(Exercise materials begins)

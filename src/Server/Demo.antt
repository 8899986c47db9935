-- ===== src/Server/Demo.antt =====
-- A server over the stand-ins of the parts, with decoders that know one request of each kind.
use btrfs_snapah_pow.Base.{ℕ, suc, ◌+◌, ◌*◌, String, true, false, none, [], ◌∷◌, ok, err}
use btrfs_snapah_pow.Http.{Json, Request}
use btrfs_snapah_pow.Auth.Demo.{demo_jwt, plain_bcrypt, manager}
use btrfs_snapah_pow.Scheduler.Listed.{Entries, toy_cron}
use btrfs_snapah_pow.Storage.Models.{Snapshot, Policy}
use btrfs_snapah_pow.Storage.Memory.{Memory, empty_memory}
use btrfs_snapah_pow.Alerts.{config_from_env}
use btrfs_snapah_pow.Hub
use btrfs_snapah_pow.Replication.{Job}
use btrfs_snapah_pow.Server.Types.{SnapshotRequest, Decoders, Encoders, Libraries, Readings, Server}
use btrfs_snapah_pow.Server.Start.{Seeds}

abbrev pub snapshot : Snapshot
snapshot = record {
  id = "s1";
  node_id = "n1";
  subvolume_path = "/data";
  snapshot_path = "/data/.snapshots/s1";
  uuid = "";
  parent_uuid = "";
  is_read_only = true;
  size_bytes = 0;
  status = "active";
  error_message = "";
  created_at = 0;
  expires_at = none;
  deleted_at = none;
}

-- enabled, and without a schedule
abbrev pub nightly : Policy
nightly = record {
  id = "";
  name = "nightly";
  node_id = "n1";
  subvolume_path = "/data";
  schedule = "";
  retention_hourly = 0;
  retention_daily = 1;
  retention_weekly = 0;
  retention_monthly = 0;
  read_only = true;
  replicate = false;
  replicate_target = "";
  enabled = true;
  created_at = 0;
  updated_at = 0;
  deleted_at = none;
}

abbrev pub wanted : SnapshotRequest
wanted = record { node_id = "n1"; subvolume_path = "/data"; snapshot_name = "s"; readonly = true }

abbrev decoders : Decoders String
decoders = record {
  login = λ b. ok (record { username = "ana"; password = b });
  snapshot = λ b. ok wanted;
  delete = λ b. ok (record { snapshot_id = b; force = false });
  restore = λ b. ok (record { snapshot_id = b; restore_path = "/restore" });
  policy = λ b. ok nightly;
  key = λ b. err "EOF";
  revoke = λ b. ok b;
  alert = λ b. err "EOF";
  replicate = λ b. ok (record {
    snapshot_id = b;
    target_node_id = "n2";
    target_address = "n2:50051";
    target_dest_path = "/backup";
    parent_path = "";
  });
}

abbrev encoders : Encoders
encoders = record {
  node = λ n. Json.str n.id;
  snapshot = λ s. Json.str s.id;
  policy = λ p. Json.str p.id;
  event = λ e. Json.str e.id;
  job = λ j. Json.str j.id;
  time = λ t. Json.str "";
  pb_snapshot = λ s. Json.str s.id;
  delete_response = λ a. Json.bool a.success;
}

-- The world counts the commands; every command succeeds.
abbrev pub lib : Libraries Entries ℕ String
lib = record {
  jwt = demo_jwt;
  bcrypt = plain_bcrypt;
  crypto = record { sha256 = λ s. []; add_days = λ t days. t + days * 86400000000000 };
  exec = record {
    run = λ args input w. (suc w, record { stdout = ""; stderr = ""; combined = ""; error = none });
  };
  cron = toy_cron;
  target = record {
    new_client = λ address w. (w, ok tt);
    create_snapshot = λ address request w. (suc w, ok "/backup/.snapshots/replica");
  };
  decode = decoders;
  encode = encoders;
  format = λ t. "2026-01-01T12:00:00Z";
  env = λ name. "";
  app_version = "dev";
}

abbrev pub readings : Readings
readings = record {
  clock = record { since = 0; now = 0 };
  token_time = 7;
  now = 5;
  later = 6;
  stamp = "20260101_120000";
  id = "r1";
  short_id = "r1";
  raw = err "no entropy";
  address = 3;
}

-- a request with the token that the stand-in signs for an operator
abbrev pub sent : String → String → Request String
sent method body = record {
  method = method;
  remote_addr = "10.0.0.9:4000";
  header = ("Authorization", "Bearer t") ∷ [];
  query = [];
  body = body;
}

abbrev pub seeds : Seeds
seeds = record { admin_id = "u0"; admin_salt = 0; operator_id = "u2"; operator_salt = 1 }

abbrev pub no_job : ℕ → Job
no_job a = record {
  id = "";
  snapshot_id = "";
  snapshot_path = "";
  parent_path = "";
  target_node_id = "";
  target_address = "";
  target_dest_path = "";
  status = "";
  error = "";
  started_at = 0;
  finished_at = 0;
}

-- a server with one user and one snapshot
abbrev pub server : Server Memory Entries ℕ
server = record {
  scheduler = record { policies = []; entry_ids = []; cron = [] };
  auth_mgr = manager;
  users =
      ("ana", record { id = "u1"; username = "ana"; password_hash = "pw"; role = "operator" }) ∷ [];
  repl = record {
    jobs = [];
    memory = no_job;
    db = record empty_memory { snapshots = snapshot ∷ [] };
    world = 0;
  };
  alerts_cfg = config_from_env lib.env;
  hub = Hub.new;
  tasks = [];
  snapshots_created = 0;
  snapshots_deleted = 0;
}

(Exercise materials ends)
(Exercise materials begins)

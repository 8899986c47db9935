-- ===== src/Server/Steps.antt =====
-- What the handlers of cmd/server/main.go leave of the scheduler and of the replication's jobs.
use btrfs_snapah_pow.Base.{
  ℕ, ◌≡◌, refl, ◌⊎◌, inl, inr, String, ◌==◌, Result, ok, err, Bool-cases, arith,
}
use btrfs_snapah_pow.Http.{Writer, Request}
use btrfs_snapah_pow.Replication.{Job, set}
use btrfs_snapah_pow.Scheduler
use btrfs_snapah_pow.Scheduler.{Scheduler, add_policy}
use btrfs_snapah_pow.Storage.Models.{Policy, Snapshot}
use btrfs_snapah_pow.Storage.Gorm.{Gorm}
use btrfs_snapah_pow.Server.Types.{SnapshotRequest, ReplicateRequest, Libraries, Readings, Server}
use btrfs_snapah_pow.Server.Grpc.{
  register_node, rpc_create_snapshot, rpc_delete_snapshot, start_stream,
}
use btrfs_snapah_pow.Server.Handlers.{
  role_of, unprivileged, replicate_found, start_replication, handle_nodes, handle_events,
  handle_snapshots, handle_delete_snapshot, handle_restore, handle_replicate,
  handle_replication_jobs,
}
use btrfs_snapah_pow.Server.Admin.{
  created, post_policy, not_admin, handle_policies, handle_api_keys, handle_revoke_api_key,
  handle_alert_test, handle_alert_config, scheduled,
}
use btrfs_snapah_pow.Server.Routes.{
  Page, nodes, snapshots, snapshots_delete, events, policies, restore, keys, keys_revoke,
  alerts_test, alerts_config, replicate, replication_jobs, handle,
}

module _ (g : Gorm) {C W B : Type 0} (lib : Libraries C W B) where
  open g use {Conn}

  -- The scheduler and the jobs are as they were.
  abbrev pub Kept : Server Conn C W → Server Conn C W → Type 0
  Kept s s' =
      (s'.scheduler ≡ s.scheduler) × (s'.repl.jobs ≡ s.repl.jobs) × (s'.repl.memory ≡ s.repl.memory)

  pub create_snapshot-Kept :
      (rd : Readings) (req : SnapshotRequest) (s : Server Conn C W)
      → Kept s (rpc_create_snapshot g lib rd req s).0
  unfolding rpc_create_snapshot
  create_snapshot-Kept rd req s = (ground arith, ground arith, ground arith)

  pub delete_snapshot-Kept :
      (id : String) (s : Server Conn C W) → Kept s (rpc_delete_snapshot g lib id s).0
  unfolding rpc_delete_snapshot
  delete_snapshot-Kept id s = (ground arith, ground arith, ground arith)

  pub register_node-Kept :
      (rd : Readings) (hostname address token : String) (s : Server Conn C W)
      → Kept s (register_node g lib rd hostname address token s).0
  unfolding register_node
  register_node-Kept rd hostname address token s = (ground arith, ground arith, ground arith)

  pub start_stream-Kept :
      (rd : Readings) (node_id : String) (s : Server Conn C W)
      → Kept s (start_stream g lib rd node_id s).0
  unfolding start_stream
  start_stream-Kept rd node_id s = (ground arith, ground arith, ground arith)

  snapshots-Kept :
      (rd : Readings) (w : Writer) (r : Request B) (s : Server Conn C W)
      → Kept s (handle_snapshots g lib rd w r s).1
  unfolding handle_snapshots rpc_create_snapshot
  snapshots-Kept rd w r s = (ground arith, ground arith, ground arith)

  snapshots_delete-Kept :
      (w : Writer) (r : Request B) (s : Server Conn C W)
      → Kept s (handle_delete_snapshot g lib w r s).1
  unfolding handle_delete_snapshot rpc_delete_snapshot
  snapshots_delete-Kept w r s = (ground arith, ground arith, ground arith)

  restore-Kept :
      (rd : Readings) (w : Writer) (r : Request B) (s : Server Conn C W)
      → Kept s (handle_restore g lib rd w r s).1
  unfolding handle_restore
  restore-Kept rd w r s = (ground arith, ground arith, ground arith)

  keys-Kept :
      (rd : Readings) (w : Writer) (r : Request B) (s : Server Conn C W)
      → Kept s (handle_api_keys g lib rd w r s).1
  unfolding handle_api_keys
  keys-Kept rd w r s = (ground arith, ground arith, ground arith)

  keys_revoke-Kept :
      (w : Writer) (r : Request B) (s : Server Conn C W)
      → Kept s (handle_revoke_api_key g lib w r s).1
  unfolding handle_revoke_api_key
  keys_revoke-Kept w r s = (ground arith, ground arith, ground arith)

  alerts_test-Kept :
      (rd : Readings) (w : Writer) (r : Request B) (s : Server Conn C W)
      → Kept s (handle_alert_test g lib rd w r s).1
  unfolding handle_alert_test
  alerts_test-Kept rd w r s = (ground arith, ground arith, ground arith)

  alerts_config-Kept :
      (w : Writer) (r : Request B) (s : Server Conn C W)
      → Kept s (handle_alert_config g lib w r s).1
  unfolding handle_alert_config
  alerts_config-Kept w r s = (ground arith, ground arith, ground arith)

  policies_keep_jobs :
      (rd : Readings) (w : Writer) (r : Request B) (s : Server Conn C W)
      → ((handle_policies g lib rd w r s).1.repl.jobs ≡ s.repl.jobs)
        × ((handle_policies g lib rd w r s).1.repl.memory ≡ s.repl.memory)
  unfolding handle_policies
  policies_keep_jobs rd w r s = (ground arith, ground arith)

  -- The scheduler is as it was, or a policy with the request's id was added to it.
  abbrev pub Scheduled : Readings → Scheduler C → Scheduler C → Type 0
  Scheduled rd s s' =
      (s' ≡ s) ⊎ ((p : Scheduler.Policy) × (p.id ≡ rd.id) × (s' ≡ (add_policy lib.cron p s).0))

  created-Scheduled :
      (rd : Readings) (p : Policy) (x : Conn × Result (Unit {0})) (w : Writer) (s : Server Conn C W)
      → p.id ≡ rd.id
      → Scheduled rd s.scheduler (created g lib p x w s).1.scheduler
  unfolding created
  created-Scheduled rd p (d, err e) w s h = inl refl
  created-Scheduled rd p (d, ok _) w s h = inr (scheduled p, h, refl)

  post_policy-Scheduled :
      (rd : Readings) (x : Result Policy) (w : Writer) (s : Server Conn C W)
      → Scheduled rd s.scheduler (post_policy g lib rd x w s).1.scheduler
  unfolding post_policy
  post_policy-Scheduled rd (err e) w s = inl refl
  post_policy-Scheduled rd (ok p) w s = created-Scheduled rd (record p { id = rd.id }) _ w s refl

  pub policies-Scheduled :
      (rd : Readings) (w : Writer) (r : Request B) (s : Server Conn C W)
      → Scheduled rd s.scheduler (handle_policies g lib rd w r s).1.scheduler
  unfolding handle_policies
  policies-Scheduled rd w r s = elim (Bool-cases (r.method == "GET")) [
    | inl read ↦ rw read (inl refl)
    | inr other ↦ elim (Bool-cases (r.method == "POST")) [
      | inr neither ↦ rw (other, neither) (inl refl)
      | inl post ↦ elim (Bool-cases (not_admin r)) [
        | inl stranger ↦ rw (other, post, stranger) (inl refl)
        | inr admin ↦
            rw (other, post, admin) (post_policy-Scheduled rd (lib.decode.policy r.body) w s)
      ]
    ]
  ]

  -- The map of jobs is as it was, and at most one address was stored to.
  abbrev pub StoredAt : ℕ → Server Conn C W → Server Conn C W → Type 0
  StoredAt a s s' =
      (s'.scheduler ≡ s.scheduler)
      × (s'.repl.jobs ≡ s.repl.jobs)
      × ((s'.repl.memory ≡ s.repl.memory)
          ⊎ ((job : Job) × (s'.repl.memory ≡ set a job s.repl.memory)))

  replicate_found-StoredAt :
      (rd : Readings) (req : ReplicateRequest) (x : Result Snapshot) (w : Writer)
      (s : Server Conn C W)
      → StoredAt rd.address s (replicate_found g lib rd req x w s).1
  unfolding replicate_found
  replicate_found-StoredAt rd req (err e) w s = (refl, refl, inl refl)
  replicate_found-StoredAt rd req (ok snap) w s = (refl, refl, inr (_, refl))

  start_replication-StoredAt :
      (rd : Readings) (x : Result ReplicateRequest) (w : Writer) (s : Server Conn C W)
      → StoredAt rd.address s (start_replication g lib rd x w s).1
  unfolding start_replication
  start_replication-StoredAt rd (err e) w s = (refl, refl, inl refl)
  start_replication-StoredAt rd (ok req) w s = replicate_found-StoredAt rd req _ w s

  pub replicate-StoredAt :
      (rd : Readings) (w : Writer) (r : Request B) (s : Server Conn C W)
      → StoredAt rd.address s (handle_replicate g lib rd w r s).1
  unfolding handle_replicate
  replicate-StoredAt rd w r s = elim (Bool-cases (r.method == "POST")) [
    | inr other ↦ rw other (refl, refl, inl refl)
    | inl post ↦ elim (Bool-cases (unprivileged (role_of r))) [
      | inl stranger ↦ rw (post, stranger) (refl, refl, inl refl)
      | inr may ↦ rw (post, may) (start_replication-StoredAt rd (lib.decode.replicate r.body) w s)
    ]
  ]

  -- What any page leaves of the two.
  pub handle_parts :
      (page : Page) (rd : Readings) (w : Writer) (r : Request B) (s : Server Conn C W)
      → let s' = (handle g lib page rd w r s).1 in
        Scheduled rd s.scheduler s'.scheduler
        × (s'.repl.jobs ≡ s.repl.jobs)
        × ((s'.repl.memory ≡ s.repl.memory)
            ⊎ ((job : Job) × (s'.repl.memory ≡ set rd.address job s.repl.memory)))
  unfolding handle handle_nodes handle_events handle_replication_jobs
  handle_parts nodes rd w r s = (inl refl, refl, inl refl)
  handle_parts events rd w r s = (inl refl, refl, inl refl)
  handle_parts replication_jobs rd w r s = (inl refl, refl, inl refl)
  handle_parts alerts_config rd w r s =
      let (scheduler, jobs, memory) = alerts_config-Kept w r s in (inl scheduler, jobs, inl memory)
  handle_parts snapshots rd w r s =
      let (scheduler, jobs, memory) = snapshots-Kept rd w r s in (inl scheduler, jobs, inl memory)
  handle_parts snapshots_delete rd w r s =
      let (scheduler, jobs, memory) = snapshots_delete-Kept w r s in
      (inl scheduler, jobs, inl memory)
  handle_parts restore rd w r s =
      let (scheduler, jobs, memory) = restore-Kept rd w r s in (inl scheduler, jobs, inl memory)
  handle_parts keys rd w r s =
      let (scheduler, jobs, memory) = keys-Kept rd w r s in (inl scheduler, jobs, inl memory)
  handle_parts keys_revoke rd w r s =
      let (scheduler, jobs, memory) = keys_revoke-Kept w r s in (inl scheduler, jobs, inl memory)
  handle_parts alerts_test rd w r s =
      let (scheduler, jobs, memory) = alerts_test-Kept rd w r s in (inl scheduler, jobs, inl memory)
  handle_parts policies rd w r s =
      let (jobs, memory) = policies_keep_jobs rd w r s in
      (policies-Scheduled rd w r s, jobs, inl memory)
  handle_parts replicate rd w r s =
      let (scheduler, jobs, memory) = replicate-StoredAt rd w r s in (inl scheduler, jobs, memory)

(Exercise materials ends)

* [The task] Among the lines of the listing above, which ones contain the word "method"? Show them.

* [Answer box]
sent method body = record {
  method = method;
  policies-Scheduled rd w r s = elim (Bool-cases (r.method == "GET")) [
    | inr other ↦ elim (Bool-cases (r.method == "POST")) [
  replicate-StoredAt rd w r s = elim (Bool-cases (r.method == "POST")) [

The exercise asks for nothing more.